Jekstex watched as the woman's hands suddenly balled into fists. Lightning crackled around her knuckles and Jacob's Ladder threads crawled up her forearms.
”What do you mean until the trial is over? We have things to do,” the woman snapped. She waved her hand. ”You talk to that thug Daxin and that pipe smoking moron Menhit. Howdy-Doody is going to start coming apart at the seams soon.”
She sat down again, exhaling smoke with an irritated sounding huff.
After a minute she looked at Jekstex. ”How far away is the PX? I want a sausage dog with sauerkraut and mustard,” she snapped.
”Almost two miles. Do you want me to call a taxi, ma'am?” Jekstex asked.
”Do I look like my legs were blown off in the war?” the woman snapped, standing up. She shook her head. ”Let's go, fuzzy. Don't forget the Three Stooges.”
She set off, walking quickly, forcing Jekstex and his men to jog to keep up.
Jekstex noted that the woman didn't have a datalink implant in her temple, nor did she have three burning red LED's at the base of her skull when she reached back and scratched her neck, parting her hair enough to get a glimpse of the back of her neck.
”I can have a sausage-dog brought to you,” Lieutenant Jekstex tried. Every time he tried to bring up which of the Immortals she was his datalink just flashed ERROR and half the time the woman's image grey fuzzed and static filled.
”I'm bored and irritated, fuzzy,” the woman said, still walking along at a fast clip. ”I don't want it brought to me, I want to go and buy it, sit down with a pop and have a snack,” she said. She exhaled smoke and shook her head.
Jekstex was silent, just having to go at a slow jog to keep up with the Terran as they headed toward the Post Exchange.
”Perhaps you'd prefer the Officer's Club, ma'am?” Jekstex asked.
”God, no,” the woman snorted. ”Officers annoy me.”
”Perhaps the Enlisted Being's Club?” he tried.
”I'm not looking to get laid yet, maybe later.

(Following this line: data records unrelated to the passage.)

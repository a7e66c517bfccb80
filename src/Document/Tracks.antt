-- ===== src/Document/Tracks.antt =====
-- Reading the tracks of an open document after they were written
-- (domain/file/storage/storage.rs, `property_track` and `ensure_property_track_mut`).
use thaum_painter.Base.{
  Bool, true, false, Option, none, some, List, [], ◌∷◌, ◌++◌, ◌≡◌, refl, if◌then◌else◌, arith,
  Bool-cases, Option-cases, inl, inr, ◌∙◌, ap,
}
use thaum_painter.Base.Text.{Text, codes}
use thaum_painter.Cell.{Renderer}
use thaum_painter.Track.Block.{
  SharedDocumentPropertyBlock as Block, SharedDocumentPropertyTrack as Track,
}
use thaum_painter.Document.{
  SharedDocumentLayer as Layer, SharedDocumentRuntime as Runtime, is_layer, is_track, find, update,
  find_layer, property_track, of_layer, ensure_track, ensure_property_track_mut, set_blocks,
  ensure_block_canvas_coverage,
}

module _ {A : Type 0} where
  abbrev pub map_found : (A → A) → Option A → Option A
  map_found f none = none
  map_found f (some a) = some (f a)

  -- A write that keeps the test is read back by it.
  pub find-update :
      (test : A → Bool) (f : A → A) (keeps : (a : A) → test (f a) ≡ test a) (xs : List A)
      → find test (update test f xs) ≡ map_found f (find test xs)
  unfolding find update
  find-update test f keeps [] = refl
  find-update test f keeps (x ∷ xs) = elim (Bool-cases (test x)) [
    | inl e ↦ rw (e, keeps x ∙ e) refl
    | inr e ↦ rw (e, e) (find-update test f keeps xs)
  ]

  pub find-append :
      (test : A → Bool) (xs : List A) (y : A)
      → find test xs ≡ none
      → test y ≡ true
      → find test (xs ++ y ∷ []) ≡ some y
  unfolding find
  find-append test [] y n t = rw t refl
  find-append test (x ∷ xs) y n t = elim (Bool-cases (test x)) [
    | inl e ↦ absurd (ground (arith, (rw (find, e) at n)))
    | inr e ↦ rw e (find-append test xs y (rw (find, e) at n) t)
  ]

  -- The write that a test does not find leaves the other reads as they were.
  pub find-update_other :
      (test other : A → Bool) (f : A → A) (keeps : (a : A) → other (f a) ≡ other a)
      (apart : (a : A) → test a ≡ true → other a ≡ false) (xs : List A)
      → find other (update test f xs) ≡ find other xs
  unfolding find update
  find-update_other test other f keeps apart [] = refl
  find-update_other test other f keeps apart (x ∷ xs) = elim (Bool-cases (test x)) [
    | inl e ↦ rw (e, keeps x ∙ apart x e, apart x e) refl
    | inr e ↦ rw e (
        ap (λ rest. if other x then some x else rest)
          (find-update_other test other f keeps apart xs))
  ]

module _ {Value : Type 0} where
  is_layer-ensure_track :
      (l p : Text) (layer : Layer Value) → is_layer l (ensure_track p layer) ≡ is_layer l layer
  unfolding ensure_track
  is_layer-ensure_track l p layer = elim (Option-cases (find (is_track p) layer.property_tracks)) [
    | inl e ↦ rw (ensure_track, e) refl
    | inr e ↦ rw (ensure_track, e.1) refl
  ]

  ensure_track_found :
      (p : Text) (layer : Layer Value) (t : Track Value)
      → find (is_track p) layer.property_tracks ≡ some t
      → ensure_track p layer ≡ layer
  unfolding ensure_track
  ensure_track_found p layer t h = rw (ensure_track, h) refl

module _ {R : Renderer} {Value : Type 0} where
  property_track-find :
      (r : Runtime R Value) (l p : Text)
      → property_track r l p ≡ of_layer p (find (is_layer l) r.layers)
  unfolding property_track find_layer
  property_track-find r l p = refl

  pub property_track-set_blocks :
      (r : Runtime R Value) (l p : Text) (bs : List (Block Value)) (t : Track Value)
      → property_track r l p ≡ some t
      → property_track (set_blocks r l p bs) l p ≡ some (record t { blocks = bs })
  unfolding set_blocks
  property_track-set_blocks r l p bs t h =
      let write : Layer Value → Layer Value = λ layer. record layer {
        property_tracks =
            update (is_track p) (λ track. record track { blocks = bs }) layer.property_tracks;
      } in
      let u = find-update (is_layer l) write (λ layer. refl) r.layers in
      elim (Option-cases (find (is_layer l) r.layers)) [
        | inl e ↦ absurd (ground (arith, (rw (property_track-find r l p, e) at h)))
        | inr e ↦
            let v =
              find-update (is_track p) (λ track. record track { blocks = bs }) (λ track. refl)
                (e.0).property_tracks in
            let h' : find (is_track p) (e.0).property_tracks ≡ some t =
              rw (property_track-find r l p, e.1) at h in
            rw (property_track-find (set_blocks r l p bs) l p, u, e.1, v, h') refl
      ]

  -- The tracks are read from the layers alone.
  pub property_track-layers :
      (r s : Runtime R Value) (l p : Text)
      → r.layers ≡ s.layers
      → property_track r l p ≡ property_track s l p
  unfolding property_track find_layer
  property_track-layers r s l p e = ap (λ layers. of_layer p (find (is_layer l) layers)) e

  pub coverage-layers :
      (r : Runtime R Value) (l : Text) → (ensure_block_canvas_coverage r l).layers ≡ r.layers
  unfolding ensure_block_canvas_coverage
  coverage-layers r l = elim (Option-cases (property_track r l (codes "raster"))) [
    | inl e ↦ rw (ensure_block_canvas_coverage, e) refl
    | inr e ↦ rw (ensure_block_canvas_coverage, e.1) refl
  ]

  pub property_track-coverage :
      (r : Runtime R Value) (l m p : Text)
      → property_track (ensure_block_canvas_coverage r l) m p ≡ property_track r m p
  unfolding property_track find_layer
  property_track-coverage r l m p =
      ap (λ layers. of_layer p (find (is_layer m) layers)) (coverage-layers r l)

  -- A layer that has the track keeps it.
  pub ensure_property_track_mut_found :
      (r : Runtime R Value) (l p : Text) (t : Track Value)
      → property_track r l p ≡ some t
      → (ensure_property_track_mut r l p).1 ≡ some t
  unfolding ensure_property_track_mut ensure_track
  ensure_property_track_mut_found r l p t h =
      let u =
        find-update (is_layer l) (ensure_track p) (λ layer. is_layer-ensure_track l p layer)
          r.layers in
      elim (Option-cases (find (is_layer l) r.layers)) [
        | inl e ↦ absurd (ground (arith, (rw (property_track-find r l p, e) at h)))
        | inr e ↦
            let h' : find (is_track p) (e.0).property_tracks ≡ some t =
              rw (property_track-find r l p, e.1) at h in
            rw (property_track-find (ensure_property_track_mut r l p).0 l p, u, e.1)
              (rw (ensure_track_found p e.0 t h') h')
      ]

And before you suggest the NCO Club, I'm not looking to get drunk and get in a fist fight before having sex in the bathroom,” the woman snorted. ”I want a sausage-dog.”
Before Jekstex could fully come to grips with what the woman had said a trio of humans stepped out of the bushes. All three had flycams with them and press badges on their chest.
Figures reporters would survive the die-off, Jekstex thought to himself, getting ready to order the reporters to move.
”What's the opinion of the Immortals regarding Trucker's actions in activating the...” one of them started, holding out a microphone.
The woman slammed straight into them, without breaking stride. Jekstex noted that she straightened slightly, her shoulders coming back, almost like she was ramming into them with her mammaries. Two of the journalists stumbled to the side, the other managed to keep his feet but his face reddened.
The woman kept walking.
Before Jekstex could say anything the reporter that had not been knocked sprawling reached out and grabbed the matronly looking woman's arm.
”Hey, that was assault!” the reporter cried out.
There was silence for a moment and Jekstex could suddenly taste blood.
”You dare lay your hands on me?” the woman said, her voice cold and hard.
”You deliberately rammed into us. I'm allowed self-defense,” the reporter said, still not letting go.
”Unhand me, sirrah,” the woman's voice was cruel sounding.
”Answer our question,” the reporter tried as his two colleagues got to their feet.
”Do you know who you touch?” the woman asked, still not turning around.
”Which Immortal are you?” one asked.